DGPC/SIPA – “Mosteiro de Lorvão” (1992).

Cota de registo: IPA.00001598

Cota da fotografia: SIPAFOTO.00103541

Os concelhos medievais queixavam-se aos monarcas dos problemas causados pelas pestes,  tais como o aumento da mortalidade e o consequente despovoamento. Em 1372, Silves afirmava que a cidade era “mais despovoada que nenhum outro lugar do Algarve”, devido, em parte, à “pestelença grande”.

DGLAB/ANTT – “Capítulo de Cortes de Silves” (1372), Chancelaria de D. Fernando I, Livro I, fól. 117v.

Cota: PT/TT/CHR/F/001/0001

As cidades preocupavam-se em ter ao seu serviço físicos, ou seja, médicos, mas também podiam chamar outros peritos quando viviam circunstâncias mais graves.
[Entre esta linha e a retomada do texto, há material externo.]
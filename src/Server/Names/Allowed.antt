-- ===== src/Server/Names/Allowed.antt =====
-- What `hostnameAllowed` accepts.
use ngrok.Prelude.{
  ◌||◌, true, List, [], ◌∷◌, ◌++◌, ◌≡◌, refl, ◌⊎◌, inl, inr, ◌↔◌, arith, Bool-cases, In,
}
use ngrok.Prelude.Text.{Text, same, has_suffix}
use ngrok.Prelude.Affixes.{same_iff, has_suffix_iff}
use ngrok.Server.Names.{strip_host_port, hostname_allowed}

-- The name is the domain, or ends in a dot and the domain.
abbrev pub Below : Text → Text → Type 0
Below hostname domain = (hostname ≡ domain) ⊎ ((p : Text) × (hostname ≡ p ++ b'.' ∷ domain))

Below-sound : (h d : Text) → (same h d || has_suffix h (b'.' ∷ d)) ≡ true → Below h d
Below-sound h d e = elim (Bool-cases (same h d)) [
  | inl here ↦ inl ((same_iff h d).0 here)
  | inr other ↦ inr ((has_suffix_iff h (b'.' ∷ d)).0 (rw other at e))
]

Below-complete : (h d : Text) → Below h d → (same h d || has_suffix h (b'.' ∷ d)) ≡ true
Below-complete h d (inl e) = rw ((same_iff h d).1 e)
Below-complete h d (inr e) = ground (arith, (has_suffix_iff h (b'.' ∷ d)).1 e)

allowed_sound :
    (h : Text) (vhosts : List Text)
    → hostname_allowed h vhosts ≡ true
    → (vhost : Text) × In vhost vhosts × Below h (strip_host_port vhost)
unfolding hostname_allowed
allowed_sound h [] e = cc
allowed_sound h (v ∷ vhosts) e =
    let d = strip_host_port v in
    elim (Bool-cases (same h d || has_suffix h (b'.' ∷ d))) [
      | inl here ↦ (v, inl refl, Below-sound h d here)
      | inr other ↦
          let (w, m, b) = allowed_sound h vhosts (rw (other, hostname_allowed) at e) in
          (w, inr m, b)
    ]

allowed_complete :
    (h w : Text) (vhosts : List Text)
    → In w vhosts
    → Below h (strip_host_port w)
    → hostname_allowed h vhosts ≡ true
unfolding hostname_allowed
allowed_complete h w [] m b = absurd m
allowed_complete h w (v ∷ vhosts) (inl e) b =
    rw (Below-complete h (strip_host_port v) (rw (← e) b), hostname_allowed)
allowed_complete h w (v ∷ vhosts) (inr m) b = ground (arith, allowed_complete h w vhosts m b)

-- A host name is allowed exactly if it is one of the configured hosts, their ports left off, or a
-- name below one of them.
pub hostname_allowed_iff :
    (hostname : Text) (vhosts : List Text)
    → (hostname_allowed hostname vhosts ≡ true)
      ↔ ((vhost : Text) × In vhost vhosts × Below hostname (strip_host_port vhost))
hostname_allowed_iff h vhosts =
    (allowed_sound h vhosts, λ (w, m, b). allowed_complete h w vhosts m b)
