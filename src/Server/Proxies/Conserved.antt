-- ===== src/Server/Proxies/Conserved.antt =====
-- No proxy connection is lost or handed out twice, `src/ngrok/server/control.go`.
use mathlib.Core.Path.{subst}
use ngrok.Prelude.{
  ℕ, suc, ◌+◌, ◌≤◌, Bool, false, List, [], ◌∷◌, ◌++◌, ◌≡◌, ◌≢◌, All, refl, ap, sym, some,
  if◌then◌else◌, length, length-append, ltb, ltb→lt, arith, Bool-cases, inl, inr, ◌==◌,
}
use ngrok.Server.Proxies.{
  register_proxy, Waiting, out_closed, arrived, closes, expires, get_proxy, Use, registers, takes,
  History, use_pool, use_all, new_history, proxy_max_pool_size,
}

-- How often a connection stands in a list.
abbrev pub count : ℕ → List ℕ → ℕ
count c [] = 0
count c (x ∷ xs) = if c == x then suc (count c xs) else count c xs

count-append : (c : ℕ) (xs ys : List ℕ) → count c (xs ++ ys) ≡ count c xs + count c ys
count-append c [] ys = omega arith
count-append c (x ∷ xs) ys = ground (arith, count-append c xs ys)

-- Every connection registered is in the pool, or was taken from it, or was closed, exactly as often
-- as it was registered; and the pool is within its capacity.
pub record IsConserved (h : History) : Type 0 where
  pub counted :
      (c : ℕ)
      → count c h.registered ≡ count c h.taken + count c h.pool.proxies + count c h.pool.discarded
  pub within : length h.pool.proxies ≤ proxy_max_pool_size

abbrev history : List ℕ → List ℕ → List ℕ → List ℕ → History
history ps discarded registered taken = record {
  pool = record { proxies = ps; is_closed = false; discarded = discarded };
  registered = registered;
  taken = taken;
}

-- A use of an open pool gives an open pool, and conserves the connections.
abbrev Uses : Use → History → Type 0
Uses u h = (h' : History) × (use_pool u h ≡ some h') × IsConserved h' × (h'.pool.is_closed ≡ false)

module _ (ps discarded registered taken : List ℕ)
    (v : IsConserved (history ps discarded registered taken)) where
  register-IsConserved : (conn : ℕ) → Uses (registers conn) (history ps discarded registered taken)
  unfolding use_pool register_proxy
  register-IsConserved conn = elim (Bool-cases (ltb (length ps) proxy_max_pool_size)) [
    | inl room ↦ (
      history (ps ++ conn ∷ []) discarded (registered ++ conn ∷ []) taken,
      rw (room, use_pool, register_proxy) refl,
      record {
        counted = λ c. omega (
          arith,
          v.counted c,
          count-append c registered (conn ∷ []),
          count-append c ps (conn ∷ []),
        );
        within =
            omega
              (arith, length-append ps (conn ∷ []), ltb→lt (length ps) proxy_max_pool_size room);
      },
      refl,
    )
    | inr full ↦ (
      history ps (discarded ++ conn ∷ []) (registered ++ conn ∷ []) taken,
      rw (full, use_pool, register_proxy) refl,
      record {
        counted = λ c. omega (
          arith,
          v.counted c,
          count-append c registered (conn ∷ []),
          count-append c discarded (conn ∷ []),
        );
        within = v.within;
      },
      refl,
    )
  ]

take-IsConserved :
    (w : Waiting) (ps discarded registered taken : List ℕ)
    → IsConserved (history ps discarded registered taken)
    → w ≢ closes
    → Uses (takes w) (history ps discarded registered taken)
unfolding use_pool get_proxy
take-IsConserved w (conn ∷ rest) discarded registered taken v h = (
  history rest discarded registered (taken ++ conn ∷ []),
  refl,
  record {
    counted = λ c. ground (arith, v.counted c, count-append c taken (conn ∷ []));
    within = omega (arith, v.within);
  },
  refl,
)
take-IsConserved out_closed [] discarded registered taken v h =
    (history [] discarded registered taken, refl, v, refl)
take-IsConserved (arrived conn) [] discarded registered taken v h = (
  history [] discarded (registered ++ conn ∷ []) (taken ++ conn ∷ []),
  refl,
  record {
    counted = λ c. omega (
      arith,
      v.counted c,
      count-append c registered (conn ∷ []),
      count-append c taken (conn ∷ []),
    );
    within = v.within;
  },
  refl,
)
take-IsConserved closes [] discarded registered taken v h = absurd (h refl)
take-IsConserved expires [] discarded registered taken v h =
    (history [] discarded registered taken, refl, v, refl)

use_pool-IsConserved :
    (u : Use) (h : History) → IsConserved h → h.pool.is_closed ≡ false → u ≢ takes closes → Uses u h
use_pool-IsConserved u h v live fine =
    subst (λ b. IsConserved (with_flag b) → Uses u (with_flag b)) (sym live) (at_open u fine) v
  where
    with_flag : Bool → History
    with_flag b = record {
      pool = record { proxies = h.pool.proxies; is_closed = b; discarded = h.pool.discarded };
      registered = h.registered;
      taken = h.taken;
    }

    at_open :
        (u : Use) → u ≢ takes closes → IsConserved (with_flag false) → Uses u (with_flag false)
    at_open (registers conn) fine v =
        register-IsConserved h.pool.proxies h.pool.discarded h.registered h.taken v conn
    at_open (takes w) fine v =
        take-IsConserved w h.pool.proxies h.pool.discarded h.registered h.taken v
          (λ e. fine (ap takes e))

uses-IsConserved :
    (us : List Use) (h : History)
    → All (λ u. u ≢ takes closes) us
    → IsConserved h
    → h.pool.is_closed ≡ false
    → (h' : History) × (use_all us h ≡ some h') × IsConserved h'
unfolding use_all
uses-IsConserved [] h fine v live = (h, refl, v)
uses-IsConserved (u ∷ us) h fine v live =
    let (h1, run, v1, live1) = use_pool-IsConserved u h v live fine.0 in
    let (h2, run2, v2) = uses-IsConserved us h1 fine.1 v1 live1 in (h2, rw (run, use_all) run2, v2)

-- Whatever proxy connections register and are asked for, up to the closing of the pool: nothing
-- panics, every connection that registered is handed out, waiting in the pool or closed, exactly as
-- often as it registered, and no more than ten of them wait.
pub use_all-IsConserved :
    (us : List Use)
    → All (λ u. u ≢ takes closes) us
    → (h : History) × (use_all us new_history ≡ some h) × IsConserved h
use_all-IsConserved us fine =
    uses-IsConserved us new_history fine
      (record { counted = λ c. omega arith; within = omega arith }) refl
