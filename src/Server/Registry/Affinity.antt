-- ===== src/Server/Registry/Affinity.antt =====
-- The affinity cache of the tunnel registry: it never faults, and gives a client its last URL.
use ngrok.Prelude.{ℕ, ◌^◌, ◌<◌, ◌≤◌, true, ◌∷◌, ◌≡◌, ap, ◌∙◌, none, some, length, arith, inl, inr}
use ngrok.Prelude.Maps.{Map, get, delete, get-delete_self}
use ngrok.Prelude.Text.{Text, text_dec}
use ngrok.Cache.Lru.View.{view, keep}
use ngrok.Server.Registry.{
  TunnelRegistry, Owner, url_size, ip_key, id_key, get_cached_registration, register_and_cache, del,
  get_tunnel,
}
use ngrok.Server.Registry.Cached.{IsSound, known_url, get_cached_registration_lem}
use ngrok.Server.Registry.Exclusive.{register_and_cache_lem}

-- A stored key at the front is found, if it fits.
get-keep_first :
    {K V : Type 0} (dec : Discrete K) (size_of : V → ℕ) (n : ℕ) (k : K) (v : V) (m : Map K V)
    → size_of v ≤ n
    → get dec k (keep size_of n ((k, v) ∷ m)) ≡ some v
unfolding get keep
get-keep_first dec size_of n k v m h = ground arith

-- A client whose tunnel was registered at a URL that fits into the cache is offered that URL again,
-- also after the tunnel is gone, as long as the cache is not used in between.
pub affinity_returns :
    (now later : ℕ) (url : Text) (t : Owner) (r r' : TunnelRegistry)
    → IsSound r
    → length url < 2 ^ 63
    → length url ≤ r.affinity.capacity
    → register_and_cache now url t r ≡ some (r', true)
    → (r'' : TunnelRegistry) × (get_cached_registration later t (del url r') ≡ some (r'', url))
      × (get_tunnel url r'' ≡ none)
unfolding del get_tunnel
affinity_returns now later url t r r' v small fits run =
    elim (register_and_cache_lem now url t r v small) [
      | inl (u, taken, e) ↦ absurd (cc)
      | inr (s, e, done) ↦
          let same : s ≡ r' = ground arith in
          let first : get text_dec (id_key t) (view s.affinity) ≡ some url =
            rw done.cached
              (get-keep_first text_dec url_size r.affinity.capacity (id_key t) url _ fits) in
          let (r'', url', again, shown, _, _, tunnels, _) =
            get_cached_registration_lem later t
              (record s { tunnels = delete text_dec url s.tunnels }) done.sound in
          let same_url : url' ≡ url =
            shown ∙ ap (λ o. known_url o (get text_dec (ip_key t) (view s.affinity))) first in
          (
            r'',
            rw (← same) (again ∙ ap (λ u. some (r'', u)) same_url),
            ap (get text_dec url) tunnels ∙ get-delete_self text_dec url s.tunnels,
          )
    ]
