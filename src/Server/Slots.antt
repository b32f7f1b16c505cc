-- ===== src/Server/Slots.antt =====
-- The connection slots and the authentication of `src/ngrok/server/main.go`. The channel `connSlots`
-- is here the number of its elements and its capacity, or nothing if it was never made.
use mathlib.Core.Path.{subst}
use ngrok.Prelude.{
  ℕ, zero, suc, ◌≤◌, Bool, true, false, List, [], ◌∷◌, ◌≡◌, refl, sym, Option, none, some,
  if◌then◌else◌, ltb, ltb→lt, arith, Bool-cases, inl, inr,
}

pub record Slots : Type 0 where
  pub used : ℕ
  pub capacity : ℕ

-- `acquireConnSlot`: whether the connection may go on; otherwise it is closed.
unfoldable pub acquire_conn_slot : Option Slots → Option Slots × Bool
acquire_conn_slot none = (none, true)
acquire_conn_slot (some s) =
    if ltb s.used s.capacity then (some (record s { used = suc s.used }), true) else (some s, false)

-- `releaseConnSlot`: `none` waits for ever, since the channel is empty.
unfoldable pub release_conn_slot : Option Slots → Option (Option Slots)
release_conn_slot none = some none
release_conn_slot (some s) = elim s.used [
  | zero ↦ none
  | suc n ↦ some (some (record s { used = n }))
]

-- What happens at a listener: a connection arrives, or a handler that has a slot ends.
pub data Event : Type 0 where
  arrives ends : Event

-- The slots and the number of handlers that run.
pub record Serving : Type 0 where
  pub slots : Option Slots
  pub running : ℕ

-- The loops of `tunnelListener`, `startHttpListener` and `listenTcp`: a handler runs only with a
-- slot, and gives it back at its end. `none`: a handler waits for ever to give back its slot.
unfoldable pub serve : Event → Serving → Option Serving
serve arrives s =
    let (slots', ok) = acquire_conn_slot s.slots in
    some (record { slots = slots'; running = (if ok then suc s.running else s.running) })
serve ends s = elim s.running [
  | zero ↦ some s
  | suc n ↦ elim (release_conn_slot s.slots) [
    | none ↦ none
    | some slots' ↦ some (record { slots = slots'; running = n })
  ]
]

unfoldable pub serve_all : List Event → Serving → Option Serving
serve_all [] s = some s
serve_all (e ∷ es) s = elim (serve e s) [ none ↦ none | some s' ↦ serve_all es s' ]

unfoldable pub start : ℕ → Serving
start max_connections = record {
  slots = some (record { used = 0; capacity = max_connections });
  running = 0;
}

-- Every handler that runs has one slot, and there are as many slots as at the start.
pub record IsServing (capacity : ℕ) (s : Serving) : Type 0 where
  pub held : s.slots ≡ some (record { used = s.running; capacity = capacity })
  pub within : s.running ≤ capacity

serve-IsServing :
    (n : ℕ) (e : Event) (used : ℕ)
    → used ≤ n
    → (s' : Serving) × (serve e
          (record { slots = some (record { used = used; capacity = n }); running = used })
        ≡ some s')
      × IsServing n s'
unfolding serve acquire_conn_slot release_conn_slot
serve-IsServing n arrives used h = elim (Bool-cases (ltb used n)) [
  | inl room ↦ (_, rw room refl, record { held = refl; within = ltb→lt used n room })
  | inr full ↦ (_, rw full refl, record { held = refl; within = h })
]
serve-IsServing n ends zero h = (_, refl, record { held = refl; within = h })
serve-IsServing n ends (suc used) h = (_, refl, record { held = refl; within = omega (arith, h) })

serve_all-IsServing :
    (n : ℕ) (es : List Event) (s : Serving)
    → IsServing n s
    → (s' : Serving) × (serve_all es s ≡ some s') × IsServing n s'
unfolding serve_all
serve_all-IsServing n [] s v = (s, refl, v)
serve_all-IsServing n (e ∷ es) s v =
    let (s1, run, v1) = serve-IsServing n e s.running v.within in
    let (s2, run2, v2) = serve_all-IsServing n es s1 v1 in
    let here : serve e s ≡ some s1 =
      subst (λ sl. serve e (record { slots = sl; running = s.running }) ≡ some s1) (sym v.held)
        run in
    (s2, rw (here, serve_all) run2, v2)

-- However connections arrive and handlers end, the server never waits for ever to give back a slot,
-- never runs more handlers than the limit, and the slots taken are those of the running handlers.
pub serve_all-bounded :
    (max_connections : ℕ) (es : List Event)
    → (s : Serving) × (serve_all es (start max_connections) ≡ some s)
      × (s.slots ≡ some (record { used = s.running; capacity = max_connections }))
      × (s.running ≤ max_connections)
unfolding start
serve_all-bounded n es =
    let (s, run, v) =
      serve_all-IsServing n es (start n) (record { held = refl; within = omega arith }) in
    (s, run, v.held, v.within)
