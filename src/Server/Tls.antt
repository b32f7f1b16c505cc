-- ===== src/Server/Tls.antt =====
-- The certificates of the server, `src/ngrok/server/tls.go`. The file system, the assets and
-- `crypto/tls` are arguments. Times are seconds; a certificate is known by a number.
pub mod Serving
use ngrok.Prelude.{
  ℕ, zero, suc, ◌+◌, ◌-◌, ◌*◌, Bool, true, false, not, ◌&&◌, ◌||◌, List, [], ◌∷◌, ◌++◌, Option,
  none, some, if◌then◌else◌, ltb, ◌==◌, drop,
}
use ngrok.Prelude.Maps.{Map, get, put}
use ngrok.Prelude.Text.{Text, text, text_dec, same, to_lower, trim_suffix}
use ngrok.Prelude.HostPort.{index_byte}
use ngrok.Server.Vhosts.{DomainTlsConfig}

pub record CertSource : Type 0 where
  pub crt_path : Text
  pub key_path : Text
  pub cert : Option ℕ
  pub crt_mod_time : ℕ
  pub key_mod_time : ℕ
  pub next_check : ℕ
  pub asset_backed : Bool

-- What the source reads from outside: the time, the times of change of files, the contents of files
-- and assets, `X509KeyPair`, and the end of the first certificate of a chain, if it can be parsed.
pub record World : Type 0 where
  pub now : ℕ
  pub mod_time : Text → Option ℕ
  pub read_file : Text → Option Text
  pub asset : Text → Option Text
  pub key_pair : Text → Text → Option ℕ
  pub not_after : ℕ → Option ℕ

unfoldable pub new_cert_source : Text → Text → CertSource
new_cert_source crt_path key_path = record {
  crt_path = crt_path;
  key_path = key_path;
  cert = none;
  crt_mod_time = 0;
  key_mod_time = 0;
  next_check = 0;
  asset_backed = same crt_path [] || same key_path [];
}

abbrev pub default_crt : Text
default_crt = text "assets/server/tls/snakeoil.crt"

abbrev pub default_key : Text
default_key = text "assets/server/tls/snakeoil.key"

unfoldable pub file_or_asset : World → Text → Text → Option Text
file_or_asset w path default_path = if same path [] then w.asset default_path else w.read_file path

-- `statModTimes`
unfoldable pub stat_mod_times : World → CertSource → Option (ℕ × ℕ)
stat_mod_times w s = if s.asset_backed then some (0, 0) else elim (w.mod_time s.crt_path) [
  | none ↦ none
  | some crt_mod ↦ elim (w.mod_time s.key_path) [
    | none ↦ none
    | some key_mod ↦ some (crt_mod, key_mod)
  ]
]

abbrev pub cert_reload_before_expiry : ℕ
cert_reload_before_expiry = 24 * 3600

abbrev pub cert_reload_retry_after : ℕ
cert_reload_retry_after = 60

-- `nextCertificateCheck` of a certificate.
unfoldable pub next_certificate_check : World → ℕ → ℕ
next_certificate_check w cert = elim (w.not_after cert) [
  | none ↦ w.now + cert_reload_retry_after
  | some end ↦
      if ltb end (w.now + cert_reload_before_expiry)
      then w.now + cert_reload_retry_after
      else end - cert_reload_before_expiry
]

-- Whether the certificate at hand is that of the files.
unfoldable pub unchanged : ℕ × ℕ → CertSource → Bool
unchanged (crt_mod, key_mod) s =
    s.asset_backed || ((crt_mod == s.crt_mod_time) && (key_mod == s.key_mod_time))

-- The end of `Certificate`: the pair is read and parsed. `none` is any of the errors.
unfoldable pub load_pair : World → CertSource → Option ℕ
load_pair w s = elim (file_or_asset w s.crt_path default_crt) [
  | none ↦ none
  | some crt ↦ elim (file_or_asset w s.key_path default_key) [
    | none ↦ none
    | some key ↦ w.key_pair crt key
  ]
]

-- The end of `Certificate`: the source takes the pair that was loaded.
unfoldable pub store_pair : World → ℕ × ℕ → CertSource → Option ℕ × CertSource
store_pair w times s = elim (load_pair w s) [
  | none ↦ (s.cert, s)
  | some fresh ↦ (
    some fresh,
    record s {
      cert = some fresh;
      crt_mod_time = times.0;
      key_mod_time = times.1;
      next_check = next_certificate_check w fresh;
    },
  )
]

-- The part of `Certificate` under the lock.
unfoldable pub reload_locked : World → CertSource → Option ℕ × CertSource
reload_locked w s = elim (stat_mod_times w s) [
  | none ↦ (s.cert, s)
  | some times ↦ elim s.cert [
    | none ↦ store_pair w times s
    | some cert ↦
        if unchanged times s
        then (some cert, record s { next_check = next_certificate_check w cert })
        else store_pair w times s
  ]
]

-- `Certificate` after the check of `nextCheck`. The times are read once before the lock and once
-- under it: the two worlds are those of the two readings.
unfoldable pub reload : World → World → CertSource → Option ℕ × CertSource
reload w w' s = elim (stat_mod_times w s) [
  | none ↦ (s.cert, s)
  | some times ↦ elim s.cert [
    | none ↦ reload_locked w' s
    | some cert ↦ if unchanged times s then (some cert, s) else reload_locked w' s
  ]
]

-- `Certificate`
unfoldable pub certificate : World → World → CertSource → Option ℕ × CertSource
certificate w w' s = elim s.cert [
  | some cert ↦ if ltb w.now s.next_check then (some cert, s) else reload w w' s
  | none ↦ reload w w' s
]

-- `certificateForName`, with sources known by numbers.
unfoldable pub certificate_for_name : ℕ → Map Text ℕ → Text → ℕ
certificate_for_name default_source by_name name =
    let name' = to_lower (trim_suffix name (text ".")) in
    elim (get text_dec name' by_name) [
      | some source ↦ source
      | none ↦ elim (index_byte name' b'.') [
        | none ↦ default_source
        | some i ↦
            if i == 0
            then default_source
            else elim (get text_dec (text "*." ++ drop (suc i) name') by_name) [
              | some source ↦ source
              | none ↦ default_source
            ]
      ]
    ]

-- The map that `LoadTLSConfig` builds from the domains; the sources are numbered from `n` on.
unfoldable pub sources_by_name : ℕ → List DomainTlsConfig → Map Text ℕ → Map Text ℕ
sources_by_name n [] m = m
sources_by_name n (d ∷ ds) m =
    let name = to_lower d.domain in
    sources_by_name (suc n) ds (put text_dec (text "*." ++ name) n (put text_dec name n m))
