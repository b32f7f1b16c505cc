-- ===== src/Server/Tls/Serving.antt =====
-- The certificate that is served, `src/ngrok/server/tls.go`.
use ngrok.Prelude.{ℕ, Option, some, ◌≡◌, refl, ltb, Bool-cases, Option-cases, inl, inr}
use ngrok.Server.Tls.{
  CertSource, World, certificate, reload, reload_locked, store_pair, stat_mod_times, unchanged,
  load_pair,
}

-- A certificate is given and kept.
abbrev pub Keeps : Option ℕ × CertSource → Type 0
Keeps r = (d : ℕ) × (r.0 ≡ some d) × (r.1.cert ≡ some d)

module _ (s : CertSource) (c : ℕ) (h : s.cert ≡ some c) where
  store_pair-Keeps : (w : World) (times : ℕ × ℕ) → Keeps (store_pair w times s)
  unfolding store_pair
  store_pair-Keeps w times = elim (Option-cases (load_pair w s)) [
    | inl failed ↦ rw (failed, store_pair) (c, h, h)
    | inr (fresh, loaded) ↦ rw (loaded, store_pair) (fresh, refl, refl)
  ]

  reload_locked-Keeps : (w : World) → Keeps (reload_locked w s)
  unfolding reload_locked
  reload_locked-Keeps w = elim (Option-cases (stat_mod_times w s)) [
    | inl failed ↦ rw (failed, reload_locked) (c, h, h)
    | inr (times, read) ↦ elim (Bool-cases (unchanged times s)) [
      | inl same ↦ simp (read, reload_locked, h, same) (c, refl, refl)
      | inr other ↦ simp (read, reload_locked, h, other) (store_pair-Keeps w times)
    ]
  ]

  reload-Keeps : (w w' : World) → Keeps (reload w w' s)
  unfolding reload
  reload-Keeps w w' = elim (Option-cases (stat_mod_times w s)) [
    | inl failed ↦ rw (failed, reload) (c, h, h)
    | inr (times, read) ↦ elim (Bool-cases (unchanged times s)) [
      | inl same ↦ simp (read, reload, h, same) (c, refl, refl)
      | inr other ↦ simp (read, reload, h, other) (reload_locked-Keeps w')
    ]
  ]

-- Once a source has a certificate it always gives one and keeps one: whatever becomes of its files,
-- and whatever fails in reading them.
pub certificate-Keeps :
    (w w' : World) (s : CertSource) (c : ℕ) → s.cert ≡ some c → Keeps (certificate w w' s)
unfolding certificate
certificate-Keeps w w' s c h = elim (Bool-cases (ltb w.now s.next_check)) [
  | inl soon ↦ simp (certificate, h, soon) (c, refl, refl)
  | inr later ↦ simp (certificate, h, later) (reload-Keeps s c h w w')
]
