-- ===== src/Server/Tunnel/Lifetime.antt =====
-- The life of a tunnel in the registry, from `NewTunnel` to `Shutdown`, in
-- `src/ngrok/server/tunnel.go`.
use ngrok.Prelude.{ℕ, ◌^◌, ◌<◌, ◌≡◌, refl, ap, Option, none, some, length, arith}
use ngrok.Prelude.Maps.{Map, get, put, get-put, get-delete}
use ngrok.Prelude.Text.{Text, text_dec}
use ngrok.Msg.{ReqTunnel}
use ngrok.Server.Registry.{TunnelRegistry, del, get_tunnel}
use ngrok.Server.Registry.Cached.{IsSound}
use ngrok.Server.Tunnel.State.{Refusal, Client, Globals, Outside, Opened}
use ngrok.Server.Tunnel.Sizes.{IsBounded}
use ngrok.Server.Tunnel.Granted.{Verdict}
use ngrok.Server.Tunnel.Opening.{new_tunnel-Opens}
use ngrok.Server.Tunnel.{new_tunnel, shutdown, del_all}

restored :
    (address : ℕ) (m : Map Text ℕ) (o : Opened) (url : Text)
    → Verdict m o o.refusal
    → get_tunnel url (shutdown o.tunnel o.registry).0 ≡ get text_dec url m
unfolding get_tunnel shutdown del_all del
restored address m o url w = go o.refusal w
  where
    go :
        (e : Option Refusal)
        → Verdict m o e
        → get_tunnel url (shutdown o.tunnel o.registry).0 ≡ get text_dec url m
    go (some e) (kept, bare) = rw (bare, kept) refl
    go none (free, added, urls) =
        rw (urls, added) ground
          (
            arith,
            free,
            get-delete text_dec o.tunnel.url url (put text_dec o.tunnel.url o.tunnel.address m),
            get-put text_dec o.tunnel.url url o.tunnel.address m,
            ap (λ q. get text_dec q m),
          )

-- Opening a tunnel and shutting it down again gives back the registry: every URL maps to the tunnel
-- that it mapped to before. This holds for a server with a domain and short texts, whose affinity
-- cache is valid, whether the tunnel was refused or not.
pub shutdown-new_tunnel :
    (g : Globals) (out : Outside) (bounded : IsBounded g out) (address : ℕ) (req : ReqTunnel)
    (client : Client) (r : TunnelRegistry)
    → length req.protocol < 2 ^ 61
    → IsSound r
    → (o : Opened) × (new_tunnel g out address req client r ≡ some o)
      × ((url : Text) → get_tunnel url (shutdown o.tunnel o.registry).0 ≡ get_tunnel url r)
unfolding get_tunnel
shutdown-new_tunnel g out bounded address req client r hp v =
    let (o, run, granted) = new_tunnel-Opens g out bounded address req client r hp v in
    (o, run, λ url. restored address r.tunnels o url granted.verdict)
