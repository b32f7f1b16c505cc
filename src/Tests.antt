-- ===== src/Tests.antt =====
-- Concrete runs of the definitions, and the instances of the theorems.
mod Strings
mod Bounds
mod Servers
mod Policies
mod Caches
mod Messages
mod Deployments
mod Clients
mod Admins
Em 1606, Lisboa foi apoiada pelo cirurgião do rei, Marcos Alberto, como atesta o documento onde se declara o montante que lhe foi pago.

CML/AML – “Marcos Alberto atesta ter recebido 450.000 reis” (1606).

Cota: PT/AMLSB/CMLSBAH/CHC/026/0001/0040

Até à descoberta da cura, a fuga para locais seguros era a prática mais corrente. Em 1510, em Guimarães, a Colegiada de Santa Maria da Oliveira determinou nos seus estatutos que, em caso de epidemia, os clérigos deviam abandonar a localidade.

DGLAB/ANTT – “Estatuto do Cabido de Guimarães no Tempo da Peste” (1510).

Cota: PT/TT/CSMOG/DE6/07

Quando afligidas pela peste, as populações pediam auxílio aos santos consagrados como protetores contra tais flagelos. Em 1506, D. Manuel pediu a Veneza uma relíquia de S. Roque para reforçar a proteção de Lisboa contra a peste.

FCG/BA – “Igreja de São Roque, Lisboa [Material Gráfico]” [1962-1964].

Cota: CFT008.557

Quando o pior já tinha passado, as populações agradeciam a intervenção e o apoio divino no combate à doença. Em 1570, depois da peste grande, Lisboa passou a celebrar anualmente uma procissão para agradecer o auxílio de São Sebastião e de Nossa Senhora da Saúde, que se mantém até aos dias de hoje.

CML/AML – “Procissão de Nossa Senhora da Saúde saindo da Sé de Lisboa” (1909).